Once issues surrounding untested assumptions have addressed, we can focus on portfolio performance analysis–a subject with a vast collection of books and papers devoted to it. We limit our attention here to one aspect of portfolio performance analysis – an inquiry into the clustering behavior of stocks in a portfolio.

Books on portfolio theory devote substantial space to the discussion of asset diversification to achieve an optimum balance of risk and return. To properly diversify assets, we need to know if resources have been over-allocated to a specific sector and, consequently, under-allocated to others. Cluster analysis can help to answer this. A pertinent question is how to best measure the difference or similarity between stocks. One way would be to estimate correlations between stocks. This approach has its own weaknesses, some of which have been discussed in earlier sections. Even if we had a statistically significant set of observations, we are faced with the problem of changing correlations during the course of a year due to structural and regime shifts caused by intermittent periods of stress. Even in the absence of stress, correlations can break down or change due to factors that are endogenous to individual stocks.

We can estimate similarity and visualize clusters using histogram analysis. However, histograms eliminate temporal information. To overcome this constraint, we used *Spectral Clustering*, which is a machine learning technique that explores cluster formation without neglecting temporal information.

Figures 5 to 7 display preliminary results from our cluster analysis. Analyses like this will enable portfolio managers to realize clustering patterns and their strengths in their portfolios. They will also help guide decisions on reweighting portfolio components and diversification.

#### Figures 5-7: Cluster Analyses

**Figure 5.** Cluster analysis of a limited set of stocks is shown here. The labels indicate the names of the firms. Clusters are illustrated by various colored bullets, and increasing distances indicate decreasing similarities. Within clusters, stronger affinities are indicated by greater connecting line weights.

The following figures display magnified views of individual clusters.

**Figure 6.** We can see that Procter & Gamble, Kimberly Clark and Colgate Palmolive form a cluster (top left, dark green bullets). Likewise, Bank of America, Wells Fargo and Goldman Sachs form a cluster (top right, light green bullets). This is not surprising as these two clusters represent two sectors: consumer products and banking. Line weights are correlated to affinities within sectors.

**Figure 7.** The cluster on the left displays stocks in the technology sector, while the clusters on the right represent firms in the defense industry (top) and the energy sector (bottom).

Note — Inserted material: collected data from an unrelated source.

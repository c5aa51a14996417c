-- ===== src/Tests/Unit.antt =====
-- The unit tests of wincode-dynamic/src/lib.rs, of wincode-dynamic/src/wincode_extra.rs and of
-- wincode-dynamic-derive/src/wincode_dynamic.rs as functions and constants in Bool, over the
-- interpretation of Wincode/Slice.antt, and their runs.
pub mod Structs
pub mod Enums
pub mod Consecutive
pub mod Lazies
pub mod Limits
pub mod Drops
pub mod Macro
pub mod Sizes
pub mod Generics
pub mod CratePath
use text.Mathlib.Text.{◌==◌ as same_text}
use wincode_dynamic.Prelude.{
  ℕ, Bool, true, false, ◌&&◌, ◌==◌, String, List, [], ◌∷◌, Option, none, some, checked_mul,
}
use wincode_dynamic.Wincode.{Bytes, Primitive, ok, err, size_of}
use wincode_dynamic.Wincode.Facts.{put_all}
use wincode_dynamic.PrimitiveTy
use wincode_dynamic.Wincode.Slice.{
  slices, write, le_bytes, to_word, of_bool, take_bytes, take_len, take_payload, take_text,
  check_text, interpret, le_value, to_bool, of_word, check_limit,
}
use wincode_dynamic.Ty.{Ty, eq as ty_eq, type_of as ty_type_of}
use wincode_dynamic.Value.{Value}
use wincode_dynamic.Value.Eq.{Floats, eq}
use wincode_dynamic.Read.{read_value, read_usize}
use wincode_dynamic.Lazy.{new_unchecked}
use wincode_dynamic.Parse.{parse, parse_into_usize}
use wincode_dynamic.Parse.RoundTrip.{serialize as serialize_field}
use wincode_dynamic.Fields.RoundTrip.{encode_rows}
use wincode_dynamic.Decoder.{decoder, fields}
use wincode_dynamic.Fields.{Field, next, field_name, field_ty, field_size, field_value}
use wincode_dynamic.Fields.Drain.{Collected, finished, out_of_fuel, collect}
use wincode_dynamic.Decoder.RoundTrip.{encode}
use wincode_dynamic.Derive
use wincode_dynamic.Derive.{root_schema}
use wincode_dynamic.Derive.Reflect.{DeclaredValue, to_value, rows}
use wincode_dynamic.Messages.{collect_fields}

-- Floats compared by their bits; no test below has one.
abbrev pub bitwise : Floats
bitwise = record { f32_eq = λ m n. m == n; f64_eq = λ m n. m == n }

-- `wincode::serialize(&value).unwrap()`
unfoldable pub serialize : (args : Derive.Args) → DeclaredValue args.tag_encoding args.body → Bytes
unfolding encode to_value rows encode_rows serialize_field put_all write le_bytes to_word of_bool
serialize args v = encode slices (to_value args.tag_encoding v)

abbrev pub option_eq : Option ℕ → Option ℕ → Bool
option_eq none none = true
option_eq none (some n) = false
option_eq (some m) none = false
option_eq (some m) (some n) = m == n

-- `assert_field`
unfoldable pub assert_field : Field → String → Ty → Option ℕ → Value → Bool
unfolding field_name field_ty field_size field_value ty_eq eq
assert_field field name ty size value =
    same_text (field_name field) name
    && (ty_eq (field_ty field) ty
        && (option_eq (field_size field) size && eq bitwise (field_value field) value))

-- The loop of `assert_enum_message`, with the comparison of the lengths before it.
unfoldable pub assert_fields : List Field → List (String × Ty × Option ℕ × Value) → Bool
unfolding assert_field
assert_fields [] [] = true
assert_fields [] (e ∷ expected) = false
assert_fields (f ∷ actual) [] = false
assert_fields (f ∷ actual) ((name, ty, size, value) ∷ expected) =
    assert_field f name ty size value && assert_fields actual expected

-- `.unwrap()` before a test of the fields.
abbrev pub on_fields : (List Field → Bool) → Collected (List Field) → Bool
on_fields test (finished (ok fs)) = test fs
on_fields test (finished (err e)) = false
on_fields test out_of_fuel = false

-- `decoder.fields(payload).unwrap().collect::<ReadResult<Vec<_>>>()`; no declaration below has more
-- than eight fields.
unfoldable pub decode : Derive.Args → Bytes → Collected (List Field)
unfolding collect_fields root_schema decoder fields collect next parse read_value read_usize
    parse_into_usize take_bytes take_len take_payload take_text check_text interpret le_value
    to_bool of_word check_limit size_of checked_mul PrimitiveTy.size new_unchecked
    PrimitiveTy.type_of ty_type_of
decode args xs = collect_fields slices 9 (root_schema args) xs
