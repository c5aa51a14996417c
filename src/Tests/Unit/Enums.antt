-- ===== src/Tests/Unit/Enums.antt =====
-- The tests of enums in wincode-dynamic/src/lib.rs.
use wincode_dynamic.Prelude.{
  ℕ, ◌≡◌, ◌-◌, ◌==◌, refl, Bool, true, false, not, ◌&&◌, String, List, [], ◌∷◌, Option, none, some,
  take, length, arith,
}
use wincode_dynamic.Wincode.{Bytes, Primitive, Cow, ReadError, ReadResult, ok, err, size_of}
use wincode_dynamic.Wincode.Slice.{
  ByteReader, slices, take_bytes, interpret, le_value, le_bytes, write,
}
use wincode_dynamic.PrimitiveTy
use wincode_dynamic.PrimitiveTy.{PrimitiveTy}
use wincode_dynamic.Ty.{Ty}
use wincode_dynamic.Value.{Value}
use wincode_dynamic.Read.{read_usize}
use wincode_dynamic.Parse.{parse_into_usize}
use wincode_dynamic.Schema.{RootSchema}
use wincode_dynamic.Fields.{Field, Fields}
use wincode_dynamic.Fields.Drain.{Collected, finished}
use wincode_dynamic.Decoder.{decoder, fields, decode_variant}
use wincode_dynamic.Derive.{root_schema}
use wincode_dynamic.Derive.Reflect.{FieldValues, DeclaredValue}
use wincode_dynamic.Messages.{EnumMessage, enum_value, is_err}
use wincode_dynamic.Tests.Fixtures
use wincode_dynamic.Tests.Unit.{serialize, assert_fields, on_fields, decode}

abbrev u64_ty : Ty
u64_ty = Ty.primitive_ty PrimitiveTy.u64

abbrev bool_ty : Ty
bool_ty = Ty.primitive_ty PrimitiveTy.bool

-- `assert_enum_message`
abbrev assert_enum_message : EnumMessage → List (String × Ty × Option ℕ × Value) → Bool
assert_enum_message message expected =
    on_fields (λ actual. assert_fields actual expected)
      (decode Fixtures.enum_message (serialize Fixtures.enum_message (enum_value message)))

abbrev hello : Bytes
hello = 104 ∷ 101 ∷ 108 ∷ 108 ∷ 111 ∷ []

-- `enum_roundtrips_every_variant_shape`
abbrev enum_roundtrips_every_variant_shape : Bool
enum_roundtrips_every_variant_shape =
    assert_enum_message EnumMessage.ping []
    && (assert_enum_message (EnumMessage.coordinates 42 true)
          (("0", u64_ty, some 8, Value.u64 42) ∷ ("1", bool_ty, some 1, Value.bool true) ∷ [])
        && assert_enum_message (EnumMessage.payload hello (1 ∷ 2 ∷ 3 ∷ 4 ∷ [])) (
            ("text", Ty.string, none, Value.string (Cow.owned hello))
            ∷ ("bytes", Ty.vec PrimitiveTy.u8, none, Value.bytes (Cow.owned (1 ∷ 2 ∷ 3 ∷ 4 ∷ [])))
            ∷ []))

abbrev is_invalid_tag : {A : Type 0} → ℕ → ReadResult A → Bool
is_invalid_tag n (err (ReadError.invalid_tag_encoding m)) = m == n
is_invalid_tag n _ = false

-- `enum_rejects_invalid_discriminant`
abbrev enum_rejects_invalid_discriminant : Bool
enum_rejects_invalid_discriminant = is_invalid_tag 4294967295 (
    fields slices (decoder (root_schema Fixtures.enum_message))
      (slices.from_slice (slices.put Primitive.u32 4294967295)))

abbrev is_invalid_bool : Collected (List Field) → Bool
is_invalid_bool (finished (err (ReadError.invalid_bool_encoding n))) = n == 2
is_invalid_bool _ = false

-- `payload.pop()`, and `*payload.last_mut().unwrap() = 2`
abbrev pop : Bytes → Bytes
pop xs = take (length xs - 1) xs

abbrev pub set_last : ℕ → Bytes → Bytes
set_last n [] = []
set_last n (x ∷ []) = n ∷ []
set_last n (x ∷ y ∷ ys) = x ∷ set_last n (y ∷ ys)

abbrev coordinates : Bytes
coordinates = serialize Fixtures.enum_message (enum_value (EnumMessage.coordinates 42 true))

abbrev enum_fields : Bytes → ReadResult (Fields ByteReader)
enum_fields xs = fields slices (decoder (root_schema Fixtures.enum_message)) (slices.from_slice xs)

abbrev is_ok : {A : Type 0} → ReadResult A → Bool
is_ok (ok a) = true
is_ok (err e) = false

-- `enum_reports_truncated_and_malformed_fields`, with the two calls of `unwrap` behind `fields`.
abbrev enum_reports_truncated_and_malformed_fields : Bool
enum_reports_truncated_and_malformed_fields =
    not (is_ok (enum_fields (0 ∷ 0 ∷ 0 ∷ [])))
    && (is_ok (enum_fields (pop coordinates))
        && (is_err (decode Fixtures.enum_message (pop coordinates))
            && (is_ok (enum_fields (set_last 2 coordinates))
                && is_invalid_bool (decode Fixtures.enum_message (set_last 2 coordinates)))))

abbrev has_tag_encoding : PrimitiveTy → RootSchema → Bool
has_tag_encoding ty (RootSchema.struct schema) = false
has_tag_encoding ty (RootSchema.enum variants size name tag_encoding) =
    PrimitiveTy.eq tag_encoding ty

abbrev pub ping : DeclaredValue (some Primitive.u8) Fixtures.u8_enum_message.body
ping = DeclaredValue.variant 0 _ 0 refl refl (omega arith) FieldValues.nil

abbrev pub value : ℕ → DeclaredValue (some Primitive.u8) Fixtures.u8_enum_message.body
value n =
    DeclaredValue.variant 1 _ 1 refl refl (omega arith) (FieldValues.value refl n FieldValues.nil)

-- `enum_with_u8_tag_encoding_roundtrips`
abbrev enum_with_u8_tag_encoding_roundtrips : Bool
enum_with_u8_tag_encoding_roundtrips =
    has_tag_encoding PrimitiveTy.u8 (root_schema Fixtures.u8_enum_message)
    && (on_fields (λ fs. length fs == 0)
          (decode Fixtures.u8_enum_message (serialize Fixtures.u8_enum_message ping))
        && on_fields (λ fs. assert_fields fs (("0", u64_ty, some 8, Value.u64 42) ∷ []))
            (decode Fixtures.u8_enum_message (serialize Fixtures.u8_enum_message (value 42))))

enum_tests_pass :
    (enum_roundtrips_every_variant_shape ≡ true)
    × (enum_rejects_invalid_discriminant ≡ true)
    × (enum_reports_truncated_and_malformed_fields ≡ true)
    × (enum_with_u8_tag_encoding_roundtrips ≡ true)
unfolding serialize decode assert_fields root_schema fields decoder decode_variant parse_into_usize
    read_usize take_bytes interpret le_value le_bytes write size_of PrimitiveTy.eq
    PrimitiveTy.type_of
enum_tests_pass = (refl, refl, refl, refl)
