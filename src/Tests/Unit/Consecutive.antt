-- ===== src/Tests/Unit/Consecutive.antt =====
-- The tests of wincode-dynamic/src/lib.rs in which values follow each other in one reader, and in
-- which an iterator is left before its end.
use wincode_dynamic.Prelude.{
  ◌≡◌, ◌==◌, refl, Bool, true, false, ◌&&◌, String, List, [], ◌∷◌, ◌++◌, map, Option, none, some,
}
use text.Mathlib.Text.{◌==◌ as same_text}
use wincode_dynamic.Wincode.{Bytes, Primitive, ReadResult, ok, err, size_of}
use wincode_dynamic.Wincode.Slice.{
  ByteReader, slices, take_bytes, interpret, le_value, le_bytes, write, of_bool, to_bool,
}
use wincode_dynamic.Wincode.Slice.Lawful.{slice}
use wincode_dynamic.PrimitiveTy
use wincode_dynamic.PrimitiveTy.{PrimitiveTy}
use wincode_dynamic.Ty.{type_of as ty_type_of}
use wincode_dynamic.Value.{Value}
use wincode_dynamic.Value.Eq.{eq, list_eq}
use wincode_dynamic.Read.{read_value, read_usize}
use wincode_dynamic.Parse.{parse, parse_primitive, parse_into_usize}
use wincode_dynamic.Fields.{Field, Fields, next, field_name, field_value}
use wincode_dynamic.Fields.Drain.{Collected, finished, out_of_fuel, collect}
use wincode_dynamic.Decoder.{
  Decoder, EnumDecoder, VariantDecoder, root_decoder, fields, struct_fields, decode_variant,
  variant_name, variant_fields,
}
use wincode_dynamic.Derive.{root_schema}
use wincode_dynamic.Derive.Reflect.{FieldValues, DeclaredValue}
use wincode_dynamic.Tests.Fixtures
use wincode_dynamic.Tests.Unit.{bitwise, serialize, on_fields}
use wincode_dynamic.Tests.Unit.Enums.{ping, value}

abbrev bytes_eq : Bytes → Bytes → Bool
bytes_eq = list_eq (λ m n. m == n)

-- A message with the name of its variant and its values.
abbrev Record : Type 0
Record = DeclaredValue (some Primitive.u8) Fixtures.u8_enum_message.body × String × List Value

abbrev records : List Record
records =
    (value 42, "Value", Value.u64 42 ∷ [])
    ∷ (ping, "Ping", [])
    ∷ (value 7, "Value", Value.u64 7 ∷ [])
    ∷ []

abbrev concat : List Record → Bytes
concat [] = []
concat ((message, name, values) ∷ rest) = serialize Fixtures.u8_enum_message message ++ concat rest

-- What is collected has the values, and the reader is left at some bytes.
abbrev collected_at :
    List Value → (ByteReader → Bool) → Collected (List Field) × Fields ByteReader → Bool
collected_at values rest (finished (ok fs), it) =
    list_eq (eq bitwise) (map field_value fs) values && rest it.reader
collected_at values rest (finished (err e), it) = false
collected_at values rest (out_of_fuel, it) = false

abbrev on_variant :
    (VariantDecoder ByteReader → Bool) → ReadResult (VariantDecoder ByteReader) → Bool
on_variant test (ok variant) = test variant
on_variant test (err e) = false

-- The loop of `enum_variants_decode_consecutively_from_a_mutable_reader`.
abbrev decodes_consecutively : EnumDecoder → List Record → ByteReader → Bool
decodes_consecutively decoder [] reader = bytes_eq reader.bytes []
decodes_consecutively decoder ((message, name, values) ∷ rest) reader =
    on_variant
      (λ variant.
        same_text (variant_name variant) name
        && collected_at values
            (λ reader'.
              bytes_eq reader'.bytes (concat rest) && decodes_consecutively decoder rest reader')
            (collect slices 2 (variant_fields variant)))
      (decode_variant slices decoder reader)

abbrev on_enum : (EnumDecoder → Bool) → Decoder → Bool
on_enum test (Decoder.struct schema) = false
on_enum test (Decoder.enum decoder) = test decoder

abbrev enum_variants_decode_consecutively_from_a_mutable_reader : Bool
enum_variants_decode_consecutively_from_a_mutable_reader =
    on_enum (λ decoder. decodes_consecutively decoder records (slice (concat records)))
      (root_decoder (root_schema Fixtures.u8_enum_message))

abbrev fixed_size : DeclaredValue none Fixtures.fixed_size_message.body
fixed_size =
    DeclaredValue.struct (FieldValues.value refl 42 (FieldValues.value refl true FieldValues.nil))

abbrev fixed_size_payload : Bytes
fixed_size_payload = serialize Fixtures.fixed_size_message fixed_size

abbrev on_given : (Fields ByteReader → Bool) → ReadResult (Fields ByteReader) → Bool
on_given test (ok it) = test it
on_given test (err e) = false

abbrev on_item : (Field → ByteReader → Bool) → Option (ReadResult Field) × Fields ByteReader → Bool
on_item test (some (ok f), it) = test f it.reader
on_item test (some (err e), it) = false
on_item test (none, it) = false

abbrev parses_to : Value → ReadResult Value × ByteReader → Bool
parses_to expected (ok v, reader) = eq bitwise v expected && bytes_eq reader.bytes []
parses_to expected (err e, reader) = false

-- `dropping_field_iterator_leaves_remaining_fields_unread`
abbrev dropping_field_iterator_leaves_remaining_fields_unread : Bool
dropping_field_iterator_leaves_remaining_fields_unread =
    on_given
      (λ it.
        on_item
          (λ field reader.
            same_text (field_name field) "value"
            && (eq bitwise (field_value field) (Value.u64 42)
                && (bytes_eq reader.bytes (slices.put Primitive.bool true)
                    && parses_to (Value.bool true)
                        (parse_primitive slices PrimitiveTy.bool reader))))
          (next slices it))
      (fields slices (root_decoder (root_schema Fixtures.fixed_size_message))
        (slice fixed_size_payload))

-- The assertions on the fields in `decoded_fields_and_variant_names_outlive_decoder_wrappers`.
abbrev value_and_enabled : List Field → Bool
value_and_enabled (f₁ ∷ f₂ ∷ []) =
    same_text (field_name f₁) "value"
    && (eq bitwise (field_value f₁) (Value.u64 42) && eq bitwise (field_value f₂) (Value.bool true))
value_and_enabled _ = false

abbrev item_7 : List Field → Bool
item_7 (f ∷ []) = same_text (field_name f) "0" && eq bitwise (field_value f) (Value.u64 7)
item_7 _ = false

abbrev on_struct : Bytes → Decoder → Bool
on_struct xs (Decoder.struct schema) =
    on_fields value_and_enabled (collect slices 3 (struct_fields schema (slice xs))).0
on_struct xs (Decoder.enum decoder) = false

abbrev decoded_fields_and_variant_names_outlive_decoder_wrappers : Bool
decoded_fields_and_variant_names_outlive_decoder_wrappers =
    on_given (λ it. on_fields value_and_enabled (collect slices 3 it).0)
      (fields slices (root_decoder (root_schema Fixtures.fixed_size_message))
        (slice fixed_size_payload))
    && (on_struct fixed_size_payload (root_decoder (root_schema Fixtures.fixed_size_message))
        && on_enum
            (λ decoder.
              on_variant
                (λ variant.
                  same_text (variant_name variant) "Value"
                  && on_fields item_7 (collect slices 2 (variant_fields variant)).0)
                (decode_variant slices decoder
                  (slice (serialize Fixtures.u8_enum_message (value 7)))))
            (root_decoder (root_schema Fixtures.u8_enum_message)))

consecutive_tests_pass :
    (enum_variants_decode_consecutively_from_a_mutable_reader ≡ true)
    × (dropping_field_iterator_leaves_remaining_fields_unread ≡ true)
    × (decoded_fields_and_variant_names_outlive_decoder_wrappers ≡ true)
unfolding root_decoder root_schema fields decode_variant variant_fields variant_name next collect
    parse read_value parse_primitive parse_into_usize read_usize field_name field_value eq list_eq
    serialize take_bytes interpret le_value le_bytes write of_bool to_bool PrimitiveTy.type_of
    size_of ty_type_of
consecutive_tests_pass = (refl, refl, refl)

In this post, we raised questions about standard assumptions that are made when analyzing portfolios. We also suggested possible solutions from machine learning literature. We subsequently analyzed one year’s worth of returns of SPY to identify clusters and their strengths and discussed the value of such an analysis to portfolio managers in evaluating risk and reweighting or diversifying their portfolios.